Take him to classes at least once per week for at least a year. This will improve the bond between you and him, and at the same time he will be exposed to other people and dogs (hopefully at a safe distance). Take him to shows if you want (no touching in Rally), but this puts him into a whole other arena. Be sure to let people know that they cannot run up to him and pet him, but these are almost all dog people and rarely do I see them do that. 

Anyhow, once you have trained him to the point where he can work on lead and off lead and will allow the stand for exam with your own trainer, start giving him that same command and have other people go over him. This is just a touch to the head, back, and butt, it is not a stroke, but three touches. Start with people he knows, the instructor, then a member of the class. feed him treats and stand right with him. 

As he gets comfortable with this, either use stranger people, or increase your distance, and treat only some of the time. 

I would not punish the growl. The growl is a warning. What you do not want is for him to bypass the warning and go to a snap or a bite because he knows he better not growl. But until the growling disappears completely, stay at the head offering treats for touching without growls. 

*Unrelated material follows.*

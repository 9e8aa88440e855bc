-- ===== src/Node.antt =====
-- The node's gRPC service, rust/node/src/service/core.rs.
pub mod Service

But I think you are not to this point yet. I would spend several months, six or eight, just teaching him in classes what you want for him, stays, sits, downs, finishes, heel, come, pivots, fetch, and start teaching him agility equipment -- for some reason this really helps dogs that need to build confidence. 

Lots of praise, treats. At some point, you stop giving the treats and have others give him treats. Mine at this point know their best bet at a tasty morsel is from anyone else. I dubbed Heidi, The Mugger. (Kind of like smoking OPs, not sure my classmates like this.) But this may be later too. 

Our trainer, every day starts with a meet and greet. She comes up and shakes our hand and says hello. Dog sits and behaves himself. After a few classes, she does this to everyone, and then asks if she can pet the dog to each of us. After this is going ok, she has her husband or another classmate come up to us. If the dog shows discomfort we stop the exercise and go back to a previous point using praise and treats. 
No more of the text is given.